What he failed to mention is that in the retail space in general and ecommerce in particular, there are big domestic players, especially the likes of Reliance, that are eroding the market share of small retailers. The issue is not just foreign ecommerce vs domestic small retail, but big organized retail (foreign and domestic) vs small retail. In fact, by combining their deep pockets and centralized organization, with the control of the digital communications and payments space through Jio, and the use of the small retailer as last-mile vehicle of delivery, Reliance is attempting to build a retail behemoth, that few can challenge. The dominance of e-commerce by the likes of Amazon and Walmart-controlled Flipkart is an obstacle to that plan. In the circumstances, an attack on foreign-commerce players like Amazon is also a defence of Indian big business.

But clearly Goyal had gone too far and was possibly pulled up. Hence, soon after the first set of statements, he came out with a clarification that the Modi-government wants to encourage foreign investors, so long as they are “fair” and “honest,” and to embrace the technologies they bring, and that he recognizes that e-commerce brings tremendous benefits to consumers like speed and convenience.

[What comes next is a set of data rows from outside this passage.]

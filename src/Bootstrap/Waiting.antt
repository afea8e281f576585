-- ===== src/Bootstrap/Waiting.antt =====
-- Which message the client waits for.
use fips_nostr_bootstrap.Base.{
  ◌≡◌, ◌≢◌, ◌↔◌, inl, inr, refl, sym, ◌∙◌, ap, ◌==◌, text_eq, not, ◌&&◌, true, false, Bool-cases,
  none, some, List, [], ◌∷◌, ◌++◌, Text, All,
}
use fips_nostr_bootstrap.Schema.{Result, ok, err}
use fips_nostr_bootstrap.Bootstrap.{
  ServerInfoMessage, Invalid, Frame, broken, skipped, verdict, delivered, received, is_valid,
  validate_for, wait_for_server_info,
}

-- A frame that the loop goes past: it does not break the connection, does not refuse the hello, and
-- holds no valid message.
abbrev pub Passes : Text → Text → Text → Frame → Type 0
Passes hello_id session_id nonce broken = ⊥
Passes hello_id session_id nonce skipped = Unit {0}
Passes hello_id session_id nonce (verdict event_id status) =
    (event_id == hello_id && not status) ≡ false
Passes hello_id session_id nonce (delivered none) = Unit {0}
Passes hello_id session_id nonce (delivered (some parsed)) =
    validate_for parsed session_id nonce ≢ ok tt

-- The message is the first valid one, and nothing before it ends the wait.
pub record FirstValid (hello_id session_id nonce : Text) (frames : List Frame)
    (info : ServerInfoMessage) : Type 0 where
  pub before : List Frame
  pub after : List Frame
  pub order : frames ≡ before ++ (delivered (some info) ∷ after)
  pub passed : All (Passes hello_id session_id nonce) before
  pub valid : validate_for info session_id nonce ≡ ok tt

valid_ok : (r : Result (Unit {0}) Invalid) → is_valid r ≡ true → r ≡ ok tt
valid_ok (ok u) h = refl
valid_ok (err e) h = cc

module _ (hello_id session_id nonce : Text) where
  passing :
      (f : Frame) (frames : List Frame) (info : ServerInfoMessage)
      → Passes hello_id session_id nonce f
      → FirstValid hello_id session_id nonce frames info
      → FirstValid hello_id session_id nonce (f ∷ frames) info
  passing f frames info p v = record {
    before = f ∷ v.before;
    after = v.after;
    order = ap (λ xs. f ∷ xs) v.order;
    passed = (p, v.passed);
    valid = v.valid;
  }

  -- What the client takes is the first valid message, behind frames that the loop goes past.
  received-FirstValid :
      (frames : List Frame) (info : ServerInfoMessage)
      → wait_for_server_info hello_id session_id nonce frames ≡ received info
      → FirstValid hello_id session_id nonce frames info
  unfolding wait_for_server_info
  received-FirstValid [] info h = cc
  received-FirstValid (broken ∷ frames) info h = cc
  received-FirstValid (skipped ∷ frames) info h =
      passing skipped frames info tt (received-FirstValid frames info h)
  received-FirstValid (verdict event_id status ∷ frames) info h =
      elim (Bool-cases (event_id == hello_id && not status)) [
        | inl refused ↦ absurd (cc (simp refused at h))
        | inr other ↦
            passing (verdict event_id status) frames info other
              (received-FirstValid frames info (simp other at h))
      ]
  received-FirstValid (delivered none ∷ frames) info h =
      passing (delivered none) frames info tt (received-FirstValid frames info h)
  received-FirstValid (delivered (some parsed) ∷ frames) info h =
      elim (Bool-cases (is_valid (validate_for parsed session_id nonce))) [
        | inl good ↦
            let taken : received parsed ≡ received info = simp good at h in
            let same : parsed ≡ info = cc in
            record {
              before = [];
              after = frames;
              order = ap (λ p. delivered (some p) ∷ frames) same;
              passed = tt;
              valid = ap (λ p. validate_for p session_id nonce) (sym same) ∙ valid_ok _ good;
            }
        | inr bad ↦
            passing (delivered (some parsed)) frames info (λ e. cc (ap is_valid e, bad))
              (received-FirstValid frames info (simp bad at h))
      ]

  received_past :
      (before after : List Frame) (info : ServerInfoMessage)
      → All (Passes hello_id session_id nonce) before
      → validate_for info session_id nonce ≡ ok tt
      → wait_for_server_info hello_id session_id nonce (before ++ (delivered (some info) ∷ after))
        ≡ received info
  unfolding wait_for_server_info
  received_past [] after info p v = rw (ap is_valid v) refl
  received_past (broken ∷ before) after info p v = elim p.0 [ ]
  received_past (skipped ∷ before) after info p v = received_past before after info p.1 v
  received_past (verdict event_id status ∷ before) after info p v =
      rw p.0 (received_past before after info p.1 v)
  received_past (delivered none ∷ before) after info p v = received_past before after info p.1 v
  received_past (delivered (some parsed) ∷ before) after info p v =
      elim (Bool-cases (is_valid (validate_for parsed session_id nonce))) [
        | inl good ↦ absurd (p.0 (valid_ok _ good))
        | inr bad ↦ rw bad (received_past before after info p.1 v)
      ]

  -- The client takes a message exactly if it is the first valid one for its session and nonce, and no
  -- frame before it breaks the connection or refuses the hello.
  pub wait_for_server_info-FirstValid :
      (frames : List Frame) (info : ServerInfoMessage)
      → (wait_for_server_info hello_id session_id nonce frames ≡ received info)
        ↔ FirstValid hello_id session_id nonce frames info
  wait_for_server_info-FirstValid frames info = (
    received-FirstValid frames info,
    λ v.
        ap (wait_for_server_info hello_id session_id nonce) v.order
        ∙ received_past v.before v.after info v.passed v.valid,
  )
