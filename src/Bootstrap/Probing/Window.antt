-- ===== src/Bootstrap/Probing/Window.antt =====
-- When the mode connect succeeds.
use fips_nostr_bootstrap.Base.{
  ℕ, zero, suc, ◌+◌, ◌≤◌, ◌<◌, ◌≡◌, ◌↔◌, inl, inr, refl, sym, ap, ◌∙◌, subst, ltb, ◌==◌, nat_eq,
  ==_iff, ℕ_discrete, Bool, true, false, Bool-cases, Option, none, some, List, Text, text, text_eq,
  Run, done, arith,
}
use fips_nostr_bootstrap.Bootstrap.{Punch, ServerInfoMessage, Frame, received, wait_for_server_info}
use fips_nostr_bootstrap.Bootstrap.Waiting.{FirstValid, wait_for_server_info-FirstValid}
use fips_nostr_bootstrap.Bootstrap.Probing.{
  Packet, is_text, is_probe_ack, Probed, probe_loop, Bootstrapping, BootstrapHandoff, handoff_of,
  if_acked, connect_mode, hand_off,
}

-- An acknowledgement of a probe with the nonce.
abbrev pub Acknowledges : Text → Option Packet → Type 0
Acknowledges nonce o =
    (packet : Packet) × (o ≡ some packet)
    × (packet.t ≡ some (text "PROBE_ACK"))
    × (packet.n ≡ some nonce)

is_text_iff : (o : Option Text) (s : Text) → (is_text o s ≡ true) ↔ (o ≡ some s)
is_text_iff none s = (λ h. cc, λ h. cc)
is_text_iff (some t) s =
    (λ h. ap some ((==_iff t s).0 h), λ h. let same : t ≡ s = cc in (==_iff t s).1 same)

is_probe_ack_iff :
    (nonce : Text) (o : Option Packet) → (is_probe_ack nonce o ≡ true) ↔ Acknowledges nonce o
is_probe_ack_iff nonce none = (λ h. cc, λ (packet, e, t, n). cc)
is_probe_ack_iff nonce (some packet) = (
  λ h. (
    packet,
    refl,
    (is_text_iff packet.t (text "PROBE_ACK")).0 (ground arith),
    (is_text_iff packet.n nonce).0 (ground arith),
  ),
  λ (other, e, t, n).
      let same : packet ≡ other = cc in
      let its_t = (is_text_iff packet.t (text "PROBE_ACK")).1 (ap (λ p. p.t) same ∙ t) in
      let its_n = (is_text_iff packet.n nonce).1 (ap (λ p. p.n) same ∙ n) in
      ground (arith, its_t, its_n),
)

module _ (nonce : Text) (duration_ms : ℕ) (elapsed : ℕ → ℕ) (sends : ℕ → Bool)
    (answers : ℕ → Option Packet) where
  -- A round begins in the window, and its probe is sent.
  abbrev pub Probes : ℕ → Type 0
  Probes j = (elapsed j < duration_ms) × (sends j ≡ true)

  -- The probe of round `i` is acknowledged, and the rounds from `n` up to it are probed.
  pub record AckedIn (n i : ℕ) : Type 0 where
    pub from : n ≤ i
    pub acked : Acknowledges nonce (answers i)
    pub probed : (j : ℕ) → n ≤ j → j ≤ i → Probes j

  abbrev pub Decides : ℕ → Run Probed → Type 0
  Decides n r = (p : Probed) × (r ≡ done p) × ((p.probe_acked ≡ true) ↔ ((i : ℕ) × AckedIn n i))

  ends_unacked :
      (n seq : ℕ) → (Probes n → ⊥) → Decides n (done (record { probe_acked = false; seq = seq }))
  ends_unacked n seq ended = (
    record { probe_acked = false; seq = seq },
    refl,
    (λ e. cc, λ (i, a). absurd (ended (a.probed n (omega arith) a.from))),
  )

  later :
      (n : ℕ) (r : Run Probed)
      → Probes n
      → is_probe_ack nonce (answers n) ≡ false
      → Decides (suc n) r
      → Decides n r
  later n r probes unacked (p, e, iff) = (
    p,
    e,
    (
      λ yes_a.
          let (i, a) = iff.0 yes_a in
          (
            i,
            record {
              from = omega (arith, a.from);
              acked = a.acked;
              probed = λ j lo hi. elim (Bool-cases (j == n)) [
                | inl here ↦ subst Probes (sym ((==_iff j n).0 here)) probes
                | inr past ↦ a.probed j (ground arith) hi
              ];
            },
          ),
      λ (i, a). iff.1 (
        i,
        record {
          from = elim (Bool-cases (i == n)) [
            | inl here ↦ cc (
              unacked,
              (is_probe_ack_iff nonce (answers i)).1 a.acked,
              ap (λ k. is_probe_ack nonce (answers k)) ((==_iff i n).0 here),
            )
            | inr past ↦ let least : n ≤ i = a.from in ground arith
          ];
          acked = a.acked;
          probed = λ j lo hi. a.probed j (omega (arith, lo)) hi;
        },
      ),
    ),
  )

  before_end :
      (n k : ℕ) → ltb (elapsed n) duration_ms ≡ true → duration_ms ≤ elapsed k → n ≤ k → suc n ≤ k
  unfolding ℕ_discrete
  before_end n k early over below = elim (Bool-cases (n == k)) [
    | inl same ↦
        let at_end : elapsed n ≡ elapsed k = ap elapsed ((==_iff n k).0 same) in
        absurd (ground (arith, at_end))
    | inr other ↦ ground arith
  ]

  -- With a round `k` that begins after the window, and fuel for it.
  probe_loop-Decides :
      (k fuel n : ℕ)
      → duration_ms ≤ elapsed k
      → n + fuel ≡ suc k
      → n ≤ k
      → Decides n (probe_loop nonce duration_ms elapsed sends answers fuel n)
  unfolding probe_loop ℕ_discrete
  probe_loop-Decides k zero n over total below = absurd (omega arith)
  probe_loop-Decides k (suc fuel) n over total below =
      elim (Bool-cases (ltb (elapsed n) duration_ms)) [
        | inr late ↦ rw late (ends_unacked n n (λ p. ground (arith, p.0)))
        | inl early ↦ elim (Bool-cases (sends n)) [
          | inr unsent ↦ rw (early, unsent) (ends_unacked n (suc n) (λ p. cc (p.1, unsent)))
          | inl sent ↦ elim (Bool-cases (is_probe_ack nonce (answers n))) [
            | inl ack ↦
                rw (early, sent, ack)
                  (
                    record { probe_acked = true; seq = suc n },
                    refl,
                    (
                      λ e. (
                        n,
                        record {
                          from = omega arith;
                          acked = (is_probe_ack_iff nonce (answers n)).0 ack;
                          probed = λ j lo hi.
                              let here : n ≡ j = omega (arith, lo, hi) in
                              subst Probes here (ground arith, sent);
                        },
                      ),
                      λ a. refl,
                    ),
                  )
            | inr no_ack ↦
                rw (early, sent, no_ack)
                  (later n (probe_loop nonce duration_ms elapsed sends answers fuel (suc n))
                    (ground arith, sent) no_ack
                    (probe_loop-Decides k fuel (suc n) over (omega arith)
                      (before_end n k early over below)))
          ]
        ]
      ]

-- The fate of a message that was received: what it is handed off as, if anything.
abbrev pub HandsOff : Bootstrapping → ServerInfoMessage → Punch → Option BootstrapHandoff → Type 0
HandsOff run info punch o =
    (o
      ≡ some (record {
        relay_url = run.relay;
        server_npub = run.server_npub;
        session_id = info.session_id;
        nonce = info.nonce;
        endpoint = info.endpoint;
        punch = some punch;
        stun = info.stun;
        received_at_ms = run.received_at_ms;
      }))
    ↔ ((i : ℕ) × AckedIn info.nonce punch.duration_ms run.elapsed run.sends run.answers 0 i)

if_acked-HandsOff :
    (run : Bootstrapping) (info : ServerInfoMessage) (punch : Punch) (r : Run Probed)
    → info.punch ≡ some punch
    → Decides info.nonce punch.duration_ms run.elapsed run.sends run.answers 0 r
    → (o : Option BootstrapHandoff) × (if_acked (handoff_of run info) r ≡ done o)
      × HandsOff run info punch o
if_acked-HandsOff run info punch r punches (p, e, iff) = elim (Bool-cases p.probe_acked) [
  | inl acked ↦ (
    some (handoff_of run info),
    rw e (simp acked refl),
    (λ same. iff.0 acked, λ a. simp punches refl),
  )
  | inr unacked ↦ (none, rw e (simp unacked refl), (λ same. cc, λ a. cc (iff.1 a, unacked)))
]

-- In the mode connect, on a message with a punch and a window that is over by round `k`: `main` comes to an
-- end, the message is the first valid one for its session and nonce, and the message is handed off
-- exactly if a probe that was sent in a round of the window is acknowledged with its nonce, every
-- round up to that one having begun in the window and sent its probe.
pub hand_off-HandsOff :
    (run : Bootstrapping) (hello_id session_id nonce : Text) (frames : List Frame)
    (info : ServerInfoMessage) (punch : Punch) (k : ℕ)
    → run.connects ≡ true
    → wait_for_server_info hello_id session_id nonce frames ≡ received info
    → info.punch ≡ some punch
    → punch.duration_ms ≤ run.elapsed k
    → FirstValid hello_id session_id nonce frames info
      × ((o : Option BootstrapHandoff) × (hand_off
              (suc k)
              run
              (wait_for_server_info hello_id session_id nonce frames)
            ≡ done o)
          × HandsOff run info punch o)
unfolding hand_off
hand_off-HandsOff run hello_id session_id nonce frames info punch k connects got punches over =
    let (o, e, hands) =
      if_acked-HandsOff run info punch
        (probe_loop info.nonce punch.duration_ms run.elapsed run.sends run.answers (suc k) 0)
        punches
        (probe_loop-Decides info.nonce punch.duration_ms run.elapsed run.sends run.answers k (suc k)
          0 over (omega arith) (omega arith)) in
    (
      (wait_for_server_info-FirstValid hello_id session_id nonce frames info).0 got,
      (o, rw got (simp connects (ap (connect_mode (suc k) run info) punches ∙ e)), hands),
    )
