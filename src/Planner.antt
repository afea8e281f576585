-- ===== src/Planner.antt =====
-- `plan_punch_targets` of rust/fips-nostr-rendezvous/src/lib.rs.
pub mod Candidates
pub mod Membership
pub mod Order
pub mod Subnet
pub mod Endpoints
use fips_nostr_bootstrap.Base.{
  ℕ, ◌==◌, nat_eq, texts_eq, Eq, ℕ_discrete, if◌then◌else◌, Bool, true, false, ◌&&◌, Option, none,
  some, List, [], ◌∷◌, Text, Text-discrete, length, take, push_unique, for_each,
}
use fips_nostr_bootstrap.Schema.{TraversalAddress, TraversalAddress-discrete}

pub data PunchStrategy : Type 0 where
  lan reflexive mixed local : PunchStrategy

pub data AddressSource : Type 0 where
  local reflexive : AddressSource

pub record PlannedPunchTarget : Type 0 where
  pub strategy : PunchStrategy
  pub local_source : AddressSource
  pub remote_source : AddressSource
  pub local : TraversalAddress
  pub remote : TraversalAddress

unfoldable pub PlannedPunchTarget-discrete : Discrete PlannedPunchTarget
unfolding TraversalAddress-discrete
PlannedPunchTarget-discrete = hlevel TraversalAddress-discrete

instance abbrev pub planned_punch_target_eq : Eq PlannedPunchTarget
planned_punch_target_eq = record { discrete = PlannedPunchTarget-discrete }

abbrev pub onto_first : ℕ → List Text → List Text
onto_first x [] = (x ∷ []) ∷ []
onto_first x (part ∷ parts) = (x ∷ part) ∷ parts

-- `s.split(c)`
unfoldable pub split : ℕ → Text → List Text
split c [] = [] ∷ []
split c (x ∷ s) = let parts = split c s in if x == c then [] ∷ parts else onto_first x parts

unfoldable pub same_subnet_24 : TraversalAddress → TraversalAddress → Bool
unfolding split
same_subnet_24 left right =
    let left_parts = split b'.' left.ip in
    let right_parts = split b'.' right.ip in
    length left_parts == 4 && length right_parts == 4 && take 3 left_parts == take 3 right_parts

abbrev pub lan_target : TraversalAddress → TraversalAddress → PlannedPunchTarget
lan_target l r = record {
  strategy = PunchStrategy.lan;
  local_source = AddressSource.local;
  remote_source = AddressSource.local;
  local = l;
  remote = r;
}

abbrev pub reflexive_target : TraversalAddress → TraversalAddress → PlannedPunchTarget
reflexive_target l r = record {
  strategy = PunchStrategy.reflexive;
  local_source = AddressSource.reflexive;
  remote_source = AddressSource.reflexive;
  local = l;
  remote = r;
}

abbrev pub to_reflexive_target : TraversalAddress → TraversalAddress → PlannedPunchTarget
to_reflexive_target l r = record {
  strategy = PunchStrategy.mixed;
  local_source = AddressSource.local;
  remote_source = AddressSource.reflexive;
  local = l;
  remote = r;
}

abbrev pub from_reflexive_target : TraversalAddress → TraversalAddress → PlannedPunchTarget
from_reflexive_target l r = record {
  strategy = PunchStrategy.mixed;
  local_source = AddressSource.reflexive;
  remote_source = AddressSource.local;
  local = l;
  remote = r;
}

abbrev pub local_target : TraversalAddress → TraversalAddress → PlannedPunchTarget
local_target l r = record {
  strategy = PunchStrategy.local;
  local_source = AddressSource.local;
  remote_source = AddressSource.local;
  local = l;
  remote = r;
}

-- The five blocks of the function, in its order.
abbrev Plan : Type 0
Plan = List PlannedPunchTarget

push_lan : Plan → List TraversalAddress → List TraversalAddress → Plan
push_lan planned locals remotes =
    for_each
      (λ p l.
        for_each (λ q r. if same_subnet_24 l r then push_unique q (lan_target l r) else q) p
          remotes)
      planned locals

push_reflexive : Plan → Option TraversalAddress → Option TraversalAddress → Plan
push_reflexive planned (some l) (some r) = push_unique planned (reflexive_target l r)
push_reflexive planned _ _ = planned

push_to_reflexive : Plan → List TraversalAddress → Option TraversalAddress → Plan
push_to_reflexive planned locals none = planned
push_to_reflexive planned locals (some r) =
    for_each (λ p l. push_unique p (to_reflexive_target l r)) planned locals

push_from_reflexive : Plan → Option TraversalAddress → List TraversalAddress → Plan
push_from_reflexive planned none remotes = planned
push_from_reflexive planned (some l) remotes =
    for_each (λ p r. push_unique p (from_reflexive_target l r)) planned remotes

push_local : Plan → List TraversalAddress → List TraversalAddress → Plan
push_local planned locals remotes =
    for_each (λ p l. for_each (λ q r. push_unique q (local_target l r)) p remotes) planned locals

unfoldable pub plan_punch_targets :
    List TraversalAddress
    → Option TraversalAddress
    → List TraversalAddress
    → Option TraversalAddress
    → List PlannedPunchTarget
unfolding push_lan push_reflexive push_to_reflexive push_from_reflexive push_local
plan_punch_targets locals local_reflexive remotes remote_reflexive =
    let a = push_lan [] locals remotes in
    let b = push_reflexive a local_reflexive remote_reflexive in
    let c = push_to_reflexive b locals remote_reflexive in
    let d = push_from_reflexive c local_reflexive remotes in push_local d locals remotes
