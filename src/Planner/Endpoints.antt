-- ===== src/Planner/Endpoints.antt =====
-- The endpoints that a side punches: `planned_remote_endpoints_from_offer_answer` of the daemons
-- (client side, here of fips-video-daemon.rs) and of the servers (fips-console-server.rs).
pub mod Coverage
use fips_nostr_bootstrap.Base.{
  ℕ, ◌≡◌, ◌≢◌, refl, ◌==◌, if◌then◌else◌, Bool, true, false, ◌||◌, ◌&&◌, Option, none, some, List,
  [], ◌∷◌, ◌++◌, Text, contains, Distinct, push_unique, push_all, for_each, push_all-Distinct,
  contains-push_all, push_unique-Distinct, push_all-prefix, Bool-cases, inl, inr, any, text_eq,
  nat_eq, arith, map,
}
use fips_nostr_bootstrap.Schema.{
  TraversalAddress, TraversalOffer, TraversalAnswer, LegacyEndpoint, legacy_endpoint_eq,
}
use fips_nostr_bootstrap.Planner.{PlannedPunchTarget, plan_punch_targets}

unfoldable pub endpoint_from_traversal_address : TraversalAddress → LegacyEndpoint
endpoint_from_traversal_address address = record { host = address.ip; port = address.port }

abbrev first : List TraversalAddress → Option LegacyEndpoint
first [] = none
first (a ∷ rest) = some (endpoint_from_traversal_address a)

abbrev or_first : Option TraversalAddress → List TraversalAddress → Option LegacyEndpoint
or_first (some a) locals = some (endpoint_from_traversal_address a)
or_first none locals = first locals

unfoldable pub select_remote_endpoint_from_answer : TraversalAnswer → Option LegacyEndpoint
select_remote_endpoint_from_answer answer = or_first answer.reflexive_address answer.local_addresses

unfoldable pub select_remote_endpoint_from_offer : TraversalOffer → Option LegacyEndpoint
select_remote_endpoint_from_offer offer = or_first offer.reflexive_address offer.local_addresses

-- `existing.host == endpoint.host && existing.port == endpoint.port`
abbrev has_endpoint : List LegacyEndpoint → LegacyEndpoint → Bool
has_endpoint remotes endpoint =
    any (λ existing. existing.host == endpoint.host && existing.port == endpoint.port) remotes

push_endpoint : List LegacyEndpoint → PlannedPunchTarget → List LegacyEndpoint
push_endpoint remotes target =
    let endpoint = endpoint_from_traversal_address target.remote in
    if has_endpoint remotes endpoint then remotes else remotes ++ (endpoint ∷ [])

abbrev or_selected : List LegacyEndpoint → Option LegacyEndpoint → List LegacyEndpoint
or_selected [] none = []
or_selected [] (some endpoint) = endpoint ∷ []
or_selected (r ∷ rs) selected = r ∷ rs

-- The client punches what the answer names.
unfoldable pub client_planned_remote_endpoints :
    TraversalOffer → TraversalAnswer → List LegacyEndpoint
unfolding push_endpoint
client_planned_remote_endpoints offer answer =
    let targets =
      plan_punch_targets offer.local_addresses offer.reflexive_address answer.local_addresses
        answer.reflexive_address in
    or_selected (for_each push_endpoint [] targets) (select_remote_endpoint_from_answer answer)

-- The server punches what the offer names.
unfoldable pub server_planned_remote_endpoints :
    TraversalOffer → Option TraversalAddress → List TraversalAddress → List LegacyEndpoint
unfolding push_endpoint
server_planned_remote_endpoints offer answer_reflexive_address answer_local_addresses =
    let targets =
      plan_punch_targets answer_local_addresses answer_reflexive_address offer.local_addresses
        offer.reflexive_address in
    or_selected (for_each push_endpoint [] targets) (select_remote_endpoint_from_offer offer)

It must be said to the minister’s credit that he was not completely off the mark in his first remarks. Big retail is, as is to be expected, displacing small retail. The points he makes about the functioning of entities like Amazon and Flipkart have been made in the past. Amazon for example was alleged to have used subsidiaries like Cloudtail India and Appario Retail to operate as vendors and managed through them to win for itself a large share of sales on its own e-commerce platform. Interestingly, in 2021, it was the ministry of consumer affairs, then headed by Piyush Goyal, that attempted to rein in these operators through amendments to the Consumer Protection (E-Commerce) Rules. But foreign players found ways, such as diluting their stake in or exiting from formal ownership of firms operating as vendors, to monopolise sales through their own ‘marketplace’.

Given that earlier attack on foreign-controlled online marketplaces, it is surprising that Goyal is still stuck spewing anger at the e-commerce majors. The government can, if serious, through many routes, rein in these firms and keep them in line. But it is constrained by its own multiple objectives. It wants to be seen by international capital as an adherent to neoliberal openness, welcoming foreign capital and relying on foreign investment to convert itself into a manufacturing hub. It wants to promote friendly Indian business groups, like Ambani and Adani, which have a major foothold in the retail space. And it wants to appease a long-term vote bank of the BJP, consisting of small business in a wide range of areas including retail. In the evolution of the policies of BJP-led governments under Narendra Modi, the relative emphasis on each of the objectives changed. It initially moved in favour of being seen as open to foreign capital, while aggressively backing a couple of chosen domestic business groups. But now, with results in the last election showing that it needs to restore the waning support of its vote banks, it has possibly decided to appease the small business interests that have been major losers, especially after demonetization and the introduction of the cumbersome goods and services tax regime.

Driven by that new emphasis, and in his enthusiasm to revive a battle he had earlier partly led, Goyal seems to have gone too far. Hence the U-turn. Riding on the backs of small retailers to attack foreign firms and, consciously or otherwise, promote the interests of domestic big business, is not an easy task.